+++ Given entries

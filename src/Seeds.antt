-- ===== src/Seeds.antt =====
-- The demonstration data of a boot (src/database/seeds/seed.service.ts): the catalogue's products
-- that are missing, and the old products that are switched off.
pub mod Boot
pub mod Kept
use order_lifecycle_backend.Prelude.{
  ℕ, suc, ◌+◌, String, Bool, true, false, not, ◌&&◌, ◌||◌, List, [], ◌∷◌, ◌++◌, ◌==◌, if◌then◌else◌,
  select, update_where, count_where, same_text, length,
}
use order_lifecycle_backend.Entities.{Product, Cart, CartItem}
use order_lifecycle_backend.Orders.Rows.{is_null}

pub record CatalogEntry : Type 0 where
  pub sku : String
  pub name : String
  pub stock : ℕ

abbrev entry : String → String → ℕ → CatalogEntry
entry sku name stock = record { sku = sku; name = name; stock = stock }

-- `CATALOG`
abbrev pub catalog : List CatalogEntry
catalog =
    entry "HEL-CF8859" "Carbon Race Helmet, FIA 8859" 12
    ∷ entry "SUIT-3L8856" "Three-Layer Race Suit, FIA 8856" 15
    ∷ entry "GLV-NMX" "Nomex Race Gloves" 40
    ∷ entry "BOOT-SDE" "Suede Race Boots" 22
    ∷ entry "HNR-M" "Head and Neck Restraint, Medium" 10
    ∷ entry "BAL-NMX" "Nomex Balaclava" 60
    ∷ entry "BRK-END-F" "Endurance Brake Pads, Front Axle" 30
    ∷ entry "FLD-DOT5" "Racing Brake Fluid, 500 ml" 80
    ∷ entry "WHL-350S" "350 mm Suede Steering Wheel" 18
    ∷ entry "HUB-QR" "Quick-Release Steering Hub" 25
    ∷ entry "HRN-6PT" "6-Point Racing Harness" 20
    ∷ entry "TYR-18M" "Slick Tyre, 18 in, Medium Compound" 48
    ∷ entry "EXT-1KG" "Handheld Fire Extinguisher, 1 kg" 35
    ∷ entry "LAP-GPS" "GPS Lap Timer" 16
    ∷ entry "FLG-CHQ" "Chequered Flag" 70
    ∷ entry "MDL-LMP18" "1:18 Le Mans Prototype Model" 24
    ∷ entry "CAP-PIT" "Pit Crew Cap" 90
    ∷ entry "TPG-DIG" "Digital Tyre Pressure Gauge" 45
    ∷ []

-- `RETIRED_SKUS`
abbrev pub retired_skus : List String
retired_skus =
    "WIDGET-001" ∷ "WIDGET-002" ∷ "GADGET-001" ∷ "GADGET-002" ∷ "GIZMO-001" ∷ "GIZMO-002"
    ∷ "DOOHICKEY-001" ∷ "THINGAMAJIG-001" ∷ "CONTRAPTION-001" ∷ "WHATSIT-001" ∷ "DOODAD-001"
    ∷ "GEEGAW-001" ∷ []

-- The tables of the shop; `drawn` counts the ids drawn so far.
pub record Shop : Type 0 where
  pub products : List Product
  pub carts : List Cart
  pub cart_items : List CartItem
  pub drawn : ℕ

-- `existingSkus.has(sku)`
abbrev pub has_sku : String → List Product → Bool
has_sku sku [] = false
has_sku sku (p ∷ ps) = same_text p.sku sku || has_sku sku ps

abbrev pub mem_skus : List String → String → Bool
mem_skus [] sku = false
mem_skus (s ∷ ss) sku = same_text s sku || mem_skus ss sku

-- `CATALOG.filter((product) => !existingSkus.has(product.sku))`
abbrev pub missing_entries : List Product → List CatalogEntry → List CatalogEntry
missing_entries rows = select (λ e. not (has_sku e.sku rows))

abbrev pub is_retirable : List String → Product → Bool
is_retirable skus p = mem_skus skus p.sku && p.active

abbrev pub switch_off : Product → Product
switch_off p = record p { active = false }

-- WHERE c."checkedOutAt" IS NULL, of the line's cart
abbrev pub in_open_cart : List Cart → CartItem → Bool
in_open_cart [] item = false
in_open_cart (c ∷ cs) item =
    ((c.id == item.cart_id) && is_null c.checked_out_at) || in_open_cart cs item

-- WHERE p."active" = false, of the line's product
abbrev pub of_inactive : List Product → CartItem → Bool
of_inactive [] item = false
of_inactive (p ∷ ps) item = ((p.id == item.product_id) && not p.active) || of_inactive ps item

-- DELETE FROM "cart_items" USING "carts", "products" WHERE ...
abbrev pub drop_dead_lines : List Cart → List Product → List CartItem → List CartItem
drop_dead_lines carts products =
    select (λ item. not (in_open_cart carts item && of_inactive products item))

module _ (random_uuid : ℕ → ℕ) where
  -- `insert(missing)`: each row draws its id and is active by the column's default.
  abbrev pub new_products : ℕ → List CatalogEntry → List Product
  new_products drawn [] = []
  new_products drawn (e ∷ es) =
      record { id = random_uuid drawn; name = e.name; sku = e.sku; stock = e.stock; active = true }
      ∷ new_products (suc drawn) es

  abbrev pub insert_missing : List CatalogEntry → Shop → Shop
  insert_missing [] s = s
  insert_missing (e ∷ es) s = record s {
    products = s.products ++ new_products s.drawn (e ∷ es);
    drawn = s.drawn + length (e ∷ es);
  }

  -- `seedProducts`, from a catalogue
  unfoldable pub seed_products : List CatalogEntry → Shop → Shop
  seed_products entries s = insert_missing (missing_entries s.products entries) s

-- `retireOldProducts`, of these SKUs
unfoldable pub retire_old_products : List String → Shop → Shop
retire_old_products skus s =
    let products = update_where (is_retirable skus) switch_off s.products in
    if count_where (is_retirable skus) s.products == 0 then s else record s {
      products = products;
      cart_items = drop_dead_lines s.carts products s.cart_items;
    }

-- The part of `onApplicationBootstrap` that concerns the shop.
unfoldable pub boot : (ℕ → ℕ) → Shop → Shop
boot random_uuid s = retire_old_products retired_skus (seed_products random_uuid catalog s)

++++++
+++ Given entries

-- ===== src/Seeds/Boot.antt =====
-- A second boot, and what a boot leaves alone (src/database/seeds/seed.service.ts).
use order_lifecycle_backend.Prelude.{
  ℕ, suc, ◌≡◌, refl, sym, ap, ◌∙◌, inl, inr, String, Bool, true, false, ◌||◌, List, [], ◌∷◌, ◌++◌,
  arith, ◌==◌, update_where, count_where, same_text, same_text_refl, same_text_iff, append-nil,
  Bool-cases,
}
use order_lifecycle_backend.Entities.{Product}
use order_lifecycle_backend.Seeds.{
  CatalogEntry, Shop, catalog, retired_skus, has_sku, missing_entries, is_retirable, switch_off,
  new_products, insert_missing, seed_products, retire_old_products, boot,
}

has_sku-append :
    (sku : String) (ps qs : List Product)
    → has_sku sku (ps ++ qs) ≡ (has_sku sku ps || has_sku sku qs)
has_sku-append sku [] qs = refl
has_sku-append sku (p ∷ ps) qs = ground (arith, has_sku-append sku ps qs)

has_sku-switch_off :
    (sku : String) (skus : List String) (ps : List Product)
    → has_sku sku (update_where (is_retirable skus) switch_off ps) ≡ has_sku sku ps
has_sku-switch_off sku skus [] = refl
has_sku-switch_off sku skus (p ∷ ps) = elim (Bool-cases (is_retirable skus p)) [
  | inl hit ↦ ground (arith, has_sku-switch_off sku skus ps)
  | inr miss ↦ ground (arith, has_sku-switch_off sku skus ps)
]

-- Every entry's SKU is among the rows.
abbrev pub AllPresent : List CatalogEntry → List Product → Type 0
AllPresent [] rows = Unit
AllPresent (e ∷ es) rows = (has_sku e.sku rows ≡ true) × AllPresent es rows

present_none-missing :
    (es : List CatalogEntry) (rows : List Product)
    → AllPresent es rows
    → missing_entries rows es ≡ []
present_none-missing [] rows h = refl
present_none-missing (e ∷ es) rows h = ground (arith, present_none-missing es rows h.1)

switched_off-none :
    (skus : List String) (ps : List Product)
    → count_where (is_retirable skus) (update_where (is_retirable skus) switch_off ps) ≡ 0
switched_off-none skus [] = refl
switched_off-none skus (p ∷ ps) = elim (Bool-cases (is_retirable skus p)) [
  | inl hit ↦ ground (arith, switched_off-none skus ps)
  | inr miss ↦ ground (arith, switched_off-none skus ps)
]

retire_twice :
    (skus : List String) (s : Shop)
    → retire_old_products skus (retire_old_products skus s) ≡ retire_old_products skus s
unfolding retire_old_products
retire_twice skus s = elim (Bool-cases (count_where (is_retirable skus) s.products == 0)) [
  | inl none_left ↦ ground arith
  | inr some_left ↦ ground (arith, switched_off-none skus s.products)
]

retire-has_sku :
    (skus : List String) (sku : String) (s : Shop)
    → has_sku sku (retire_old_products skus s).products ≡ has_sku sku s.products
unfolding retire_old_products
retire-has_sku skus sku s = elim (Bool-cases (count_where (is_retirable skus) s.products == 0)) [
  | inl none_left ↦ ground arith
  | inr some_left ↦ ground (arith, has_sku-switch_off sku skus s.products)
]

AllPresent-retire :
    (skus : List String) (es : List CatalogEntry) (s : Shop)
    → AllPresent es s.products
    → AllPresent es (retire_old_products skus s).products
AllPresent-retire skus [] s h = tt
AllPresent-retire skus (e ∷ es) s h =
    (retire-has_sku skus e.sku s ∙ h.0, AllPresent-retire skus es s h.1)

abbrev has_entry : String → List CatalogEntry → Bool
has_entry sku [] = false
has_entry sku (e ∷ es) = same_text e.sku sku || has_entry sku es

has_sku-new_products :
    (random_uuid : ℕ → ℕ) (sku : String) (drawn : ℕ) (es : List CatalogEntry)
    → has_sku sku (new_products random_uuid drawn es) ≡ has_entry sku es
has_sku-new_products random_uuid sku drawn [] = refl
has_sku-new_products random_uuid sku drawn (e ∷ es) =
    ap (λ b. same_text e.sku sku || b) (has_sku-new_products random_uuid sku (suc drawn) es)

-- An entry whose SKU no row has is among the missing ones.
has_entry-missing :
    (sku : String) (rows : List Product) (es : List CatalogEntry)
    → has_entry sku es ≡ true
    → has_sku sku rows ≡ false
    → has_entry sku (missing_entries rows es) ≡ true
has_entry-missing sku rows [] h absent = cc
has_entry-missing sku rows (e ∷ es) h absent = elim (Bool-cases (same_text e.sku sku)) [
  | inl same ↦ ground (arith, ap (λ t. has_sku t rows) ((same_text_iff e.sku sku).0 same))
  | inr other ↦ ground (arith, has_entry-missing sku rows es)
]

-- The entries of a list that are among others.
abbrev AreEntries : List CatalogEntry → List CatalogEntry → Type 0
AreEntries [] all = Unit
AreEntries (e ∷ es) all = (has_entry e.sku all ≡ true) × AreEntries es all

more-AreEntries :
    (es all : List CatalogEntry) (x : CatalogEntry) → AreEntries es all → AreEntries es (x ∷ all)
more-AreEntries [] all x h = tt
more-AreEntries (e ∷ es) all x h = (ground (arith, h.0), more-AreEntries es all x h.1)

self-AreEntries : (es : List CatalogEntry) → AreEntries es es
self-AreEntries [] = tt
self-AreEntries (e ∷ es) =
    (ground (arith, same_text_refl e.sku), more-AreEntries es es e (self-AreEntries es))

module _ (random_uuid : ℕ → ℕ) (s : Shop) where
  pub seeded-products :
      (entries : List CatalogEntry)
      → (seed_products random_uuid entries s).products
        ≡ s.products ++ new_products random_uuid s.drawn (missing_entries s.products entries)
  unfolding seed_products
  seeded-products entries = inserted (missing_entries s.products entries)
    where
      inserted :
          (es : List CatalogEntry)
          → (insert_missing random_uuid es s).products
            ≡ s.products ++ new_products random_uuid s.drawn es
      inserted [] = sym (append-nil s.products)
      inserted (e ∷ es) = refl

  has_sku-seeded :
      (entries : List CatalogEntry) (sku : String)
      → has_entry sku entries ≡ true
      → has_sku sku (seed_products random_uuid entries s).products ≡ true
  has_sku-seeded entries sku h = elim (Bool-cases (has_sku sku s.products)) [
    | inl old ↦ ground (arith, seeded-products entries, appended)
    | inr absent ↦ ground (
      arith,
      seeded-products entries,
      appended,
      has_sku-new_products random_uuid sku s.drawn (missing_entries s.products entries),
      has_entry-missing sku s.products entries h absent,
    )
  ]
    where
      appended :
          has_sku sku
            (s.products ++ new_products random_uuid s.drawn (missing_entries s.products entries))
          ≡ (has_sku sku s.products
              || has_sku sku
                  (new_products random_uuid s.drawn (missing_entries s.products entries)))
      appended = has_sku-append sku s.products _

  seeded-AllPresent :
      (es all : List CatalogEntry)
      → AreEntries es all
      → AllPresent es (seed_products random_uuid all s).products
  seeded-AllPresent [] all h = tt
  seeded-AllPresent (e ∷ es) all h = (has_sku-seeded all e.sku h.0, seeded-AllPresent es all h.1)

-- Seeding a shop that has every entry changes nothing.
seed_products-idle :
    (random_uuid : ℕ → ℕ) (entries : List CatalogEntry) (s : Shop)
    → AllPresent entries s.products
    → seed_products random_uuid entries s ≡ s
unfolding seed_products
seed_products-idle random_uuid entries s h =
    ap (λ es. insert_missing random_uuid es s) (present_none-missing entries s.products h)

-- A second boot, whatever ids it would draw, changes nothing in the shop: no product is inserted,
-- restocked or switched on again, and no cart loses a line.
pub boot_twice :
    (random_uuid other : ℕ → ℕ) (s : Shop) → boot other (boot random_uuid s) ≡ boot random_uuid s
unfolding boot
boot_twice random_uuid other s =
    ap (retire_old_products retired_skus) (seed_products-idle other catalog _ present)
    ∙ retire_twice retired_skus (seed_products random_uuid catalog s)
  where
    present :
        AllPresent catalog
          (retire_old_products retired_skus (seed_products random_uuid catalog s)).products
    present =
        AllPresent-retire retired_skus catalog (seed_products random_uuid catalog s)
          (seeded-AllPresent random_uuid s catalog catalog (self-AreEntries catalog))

++++++

## What to do
Collect every line above that contains the word "elim".

## Expected answer
has_sku-switch_off sku skus (p ∷ ps) = elim (Bool-cases (is_retirable skus p)) [
switched_off-none skus (p ∷ ps) = elim (Bool-cases (is_retirable skus p)) [
retire_twice skus s = elim (Bool-cases (count_where (is_retirable skus) s.products == 0)) [
retire-has_sku skus sku s = elim (Bool-cases (count_where (is_retirable skus) s.products == 0)) [
has_entry-missing sku rows (e ∷ es) h absent = elim (Bool-cases (same_text e.sku sku)) [
  has_sku-seeded entries sku h = elim (Bool-cases (has_sku sku s.products)) [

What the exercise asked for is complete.